We still hear phrases like “that Asian guy” or “that Chinese girl,” treated as normal descriptors. Yet you rarely hear anyone say “that Black guy” or “that Mexican girl” in polite conversation. This reflex reveals an unconscious bias — that Asian identity is perpetually foreign, something that must be clarified or explained. Even in 2025, Asians are still the “other.”

THE INSTITUTIONAL BLIND SPOT

Organizations that claim to represent “people of color” often overlook Asians entirely. The NAACP historically claims to advocate for all non-white communities, but in practice, its mission has focused overwhelmingly on Black civil rights.
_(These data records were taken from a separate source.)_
-- ===== src/ObjMgr/Tests.antt =====
-- One player with one city, and the theorems applied to them.
use play_frame.Common.{◌≡◌, refl, ◌⊎◌, none, some, arith}
use play_frame.Common.Int.{pos}
use play_frame.Common.Run.{ok, Returns}
use play_frame.Common.Array.{load}
use play_frame.ShmPool.Sample.{pool_with-IsValid}
use play_frame.ShmPool.{find}
use play_frame.ObjMgr.{ObjMgr, del_player, add_city, get_player}
use play_frame.ObjMgr.Invariant.{IsSound}
use play_frame.ObjMgr.Delete.{Deleted, del_player_correct}
use play_frame.ObjMgr.Cities.{CityAdded}
use play_frame.ObjMgr.AddCity.{IsRefused, add_city_correct}
use play_frame.ObjMgr.Sample.{someone, town, world, someone-IsListed, world-IsSound, get_someone}

del_player_correct_example : Returns (Deleted world 2) (del_player world (pos 2))
del_player_correct_example = del_player_correct world 2 world-IsSound get_someone

add_city_correct_example :
    Returns (λ r. CityAdded world 2 r ⊎ IsRefused world 2 r) (add_city world (pos 2))
add_city_correct_example =
    add_city_correct world 2 1 world-IsSound get_someone refl (omega arith) (omega arith)

-- The same player, whom no user is mapped to yet.
abbrev unnamed : ObjMgr
unnamed = record world { uid_to_player_idx_map = λ uid. none }

unnamed-IsSound : IsSound unnamed
unnamed-IsSound = record {
  players = pool_with-IsValid someone;
  cities = pool_with-IsValid town;
  bound = λ uid z e. absurd (cc);
  listed = someone-IsListed;
}

get_unnamed : get_player unnamed (pos 2) ≡ ok (some 2)
unfolding get_player find load
get_unnamed = refl
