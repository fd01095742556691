-- ===== src/ObjMgr/Users.antt =====
-- Player::set_uid enters the user into the map, where no other player has.
use play_frame.Common.{ℕ, ◌≡◌, ◌≢◌, refl, sym, ◌∙◌, ap, inl, inr, some, eq_cases, ==_iff, ne→==}
use play_frame.Common.Int.{ℤ, pos}
use play_frame.Common.Run.{ok, Returns, returns}
use play_frame.ShmPool.{PoolCtrl}
use play_frame.ShmPool.Invariant.{IsValid}
use play_frame.ShmPool.Memory.{
  mem_at, Knows, written, read-mem_at, write-written, get_pos-Knows, written-IsValid, find-written,
  mem_at-written_self, mem_at-written_other,
}
use play_frame.ObjMgr.{
  Player, ObjMgr, insert_new, bind_uid_to_player_idx, set_uid, get_player, get_player_idx,
}
use play_frame.ObjMgr.Invariant.{IsListed, IsBound, IsSound, get_player-find}
use play_frame.ObjMgr.Restore.{insert_new-some}

-- The player `x` has the user's id, and the user an entry in the map: an earlier one, or `x`.
pub record Named (m : ObjMgr) (x uid : ℕ) (m' : ObjMgr) : Type 0 where
  pub named : (mem_at m'.player_pool x).uid ≡ uid
  pub entry : m'.uid_to_player_idx_map uid ≡ insert_new (m.uid_to_player_idx_map uid) (pos x)
  pub users : (u : ℕ) → u ≢ uid → m'.uid_to_player_idx_map u ≡ m.uid_to_player_idx_map u
  pub players : (j : ℕ) → get_player m' (pos j) ≡ get_player m (pos j)
  pub memory : (j : ℕ) → j ≢ x → mem_at m'.player_pool j ≡ mem_at m.player_pool j
  pub cities : m'.city_pool ≡ m.city_pool
  pub sound : IsSound m'

module _ (m : ObjMgr) (x uid : ℕ) (v : IsSound m) (known : Knows m.player_pool x)
    (fresh : (u : ℕ) → m.uid_to_player_idx_map u ≢ some (pos x)) where
  abbrev p' : Player
  p' = record (mem_at m.player_pool x) { uid = uid }

  abbrev pool : PoolCtrl Player
  pool = written m.player_pool x p'

  abbrev m' : ObjMgr
  m' = record (bind_uid_to_player_idx m uid (pos x)) { player_pool = pool }

  content : mem_at pool x ≡ p'
  content = mem_at-written_self m.player_pool x p'

  memory : (j : ℕ) → j ≢ x → mem_at pool j ≡ mem_at m.player_pool j
  memory j ne = mem_at-written_other m.player_pool x p' j (λ q. ne (sym q))

  find_same : (j : ℕ) → get_player m' (pos j) ≡ get_player m (pos j)
  find_same j = get_player-find m' j ∙ find-written m.player_pool x p' j ∙ sym (get_player-find m j)

  entry : m'.uid_to_player_idx_map uid ≡ insert_new (m.uid_to_player_idx_map uid) (pos x)
  unfolding bind_uid_to_player_idx
  entry = rw ((==_iff uid uid).1 refl)

  others : (u : ℕ) → u ≢ uid → m'.uid_to_player_idx_map u ≡ m.uid_to_player_idx_map u
  unfolding bind_uid_to_player_idx
  others u ne = rw (ne→== uid u (λ q. ne (sym q)))

  -- An older entry is of another player.
  old-IsBound : (u : ℕ) (z : ℤ) → m.uid_to_player_idx_map u ≡ some z → IsBound pool u z
  old-IsBound u z e =
      let (y, at, k, own) = v.bound u z e in
      let ne : y ≢ x = λ q. fresh u (e ∙ ap some at ∙ ap (λ i. some (pos i)) q) in
      (y, at, find-written m.player_pool x p' y ∙ k, ap (λ (w : Player). w.uid) (memory y ne) ∙ own)

  bound : (u : ℕ) (z : ℤ) → m'.uid_to_player_idx_map u ≡ some z → IsBound pool u z
  bound u z e = elim (eq_cases u uid) [
    | inl q ↦
        let e' : insert_new (m.uid_to_player_idx_map uid) (pos x) ≡ some z =
          sym entry ∙ ap (λ i. m'.uid_to_player_idx_map i) (sym q) ∙ e in
        elim (insert_new-some (m.uid_to_player_idx_map uid) (pos x) z e') [
          | inl old ↦ rw q (old-IsBound uid z old)
          | inr at ↦ (
            x,
            sym at,
            find-written m.player_pool x p' x ∙ known,
            ap (λ (w : Player). w.uid) content ∙ sym q,
          )
        ]
    | inr ne ↦ old-IsBound u z (sym (others u ne) ∙ e)
  ]

  cities_same : m'.city_pool ≡ m.city_pool
  unfolding bind_uid_to_player_idx
  cities_same = refl

  cities-IsValid : IsValid m'.city_pool
  unfolding bind_uid_to_player_idx
  cities-IsValid = v.cities

  IsListed-same :
      (y : ℕ) → Knows m.player_pool y → IsListed m'.city_pool y (mem_at m.player_pool y).city_list
  unfolding bind_uid_to_player_idx
  IsListed-same y k = v.listed y k

  renamed-Named : Named m x uid m'
  renamed-Named = record {
    named = ap (λ (w : Player). w.uid) content;
    entry = entry;
    users = others;
    players = find_same;
    memory = memory;
    cities = cities_same;
    sound = record {
      players = written-IsValid m.player_pool x p' v.players;
      cities = cities-IsValid;
      bound = bound;
      listed = λ y k. elim (eq_cases y x) [
        | inl q ↦ rw (q, content) (IsListed-same x known)
        | inr ne ↦ rw (memory y ne) (IsListed-same y (sym (find-written m.player_pool x p' y) ∙ k))
      ];
    };
  }

-- set_uid of a player in use in a sound state, to whom no user is mapped, gives the player the id,
-- enters the user into the map unless it is there already, changes nothing else, and the state is
-- sound again.
pub set_uid-Named :
    (m : ObjMgr) (x uid : ℕ)
    → IsSound m
    → get_player m (pos x) ≡ ok (some x)
    → ((u : ℕ) → m.uid_to_player_idx_map u ≢ some (pos x))
    → Returns (Named m x uid) (set_uid m x uid)
unfolding set_uid get_player_idx bind_uid_to_player_idx
set_uid-Named m x uid v h fresh =
    let known : Knows m.player_pool x = sym (get_player-find m x) ∙ h in
    rw (get_pos-Knows m.player_pool x known, read-mem_at m.player_pool x known)
      (rw (write-written m.player_pool x (record (mem_at m.player_pool x) { uid = uid }) known)
        (returns (renamed-Named m x uid v known fresh)))
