-- ===== src/Random/Tests.antt =====
-- The generator's theorems at one seed.
use play_frame.Common.{◌-◌, ◌*◌, ◌/◌, ◌%◌, ◌^◌, ◌<◌, ◌≡◌, arith}
use play_frame.Common.Int.{pos, negsuc, ◌≤ℤ◌}
use play_frame.Random.{get_rand, temp_seed, modulus, multiplier, quotient, remainder, pos, ◌*◌, ◌%◌}
use play_frame.Random.Schrage.{get_rand-mod, temp_seed_bounds}

get_rand-mod_example : get_rand (pos 2000000) ≡ pos (multiplier * 2000000 % modulus)
get_rand-mod_example = get_rand-mod 2000000 (omega arith)

temp_seed_bounds_example :
    (multiplier * (2000000 % quotient) < 2 ^ 31)
    × (remainder * (2000000 / quotient) < 2 ^ 31)
    × (negsuc (2 ^ 31 - 1) ≤ℤ temp_seed (pos 2000000))
    × (temp_seed (pos 2000000) ≤ℤ pos (2 ^ 31 - 1))
temp_seed_bounds_example = temp_seed_bounds 2000000 (omega arith)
That’s understandable given its origins, but the effect is that Asians — and others — remain peripheral to America’s diversity narrative.

Hollywood’s corporate DEI offices repeat this pattern: plenty of talk about diversity, but little nuance in how it’s applied.

THE PATH FORWARD

For real change to happen, Hollywood has to move beyond quotas and metrics and toward authorship. Asian filmmakers, producers, and executives need to be empowered to tell stories from their own cultural truths — not filtered through the lens of Western marketing departments.

Representation isn’t about the number of Asian faces onscreen; it’s about who shapes those faces, who writes their dialogue, and who decides what they should look like.

Until then, Hollywood’s “diversity” will remain largely performative — a surface-level correction to a century-old problem. It’s progress wrapped in irony: a new kind of yellowface, coded not in greasepaint but in pixels.

Because when diversity becomes policy rather than principle, it stops being art.

Gregory Hatanaka is a Los Angeles–based filmmaker, writer, and media analyst whose work explores identity, globalization, and independent cinema. He is the founder of Cinema Epoch and Cineridge Entertainment and has directed and distributed numerous international and American independent films.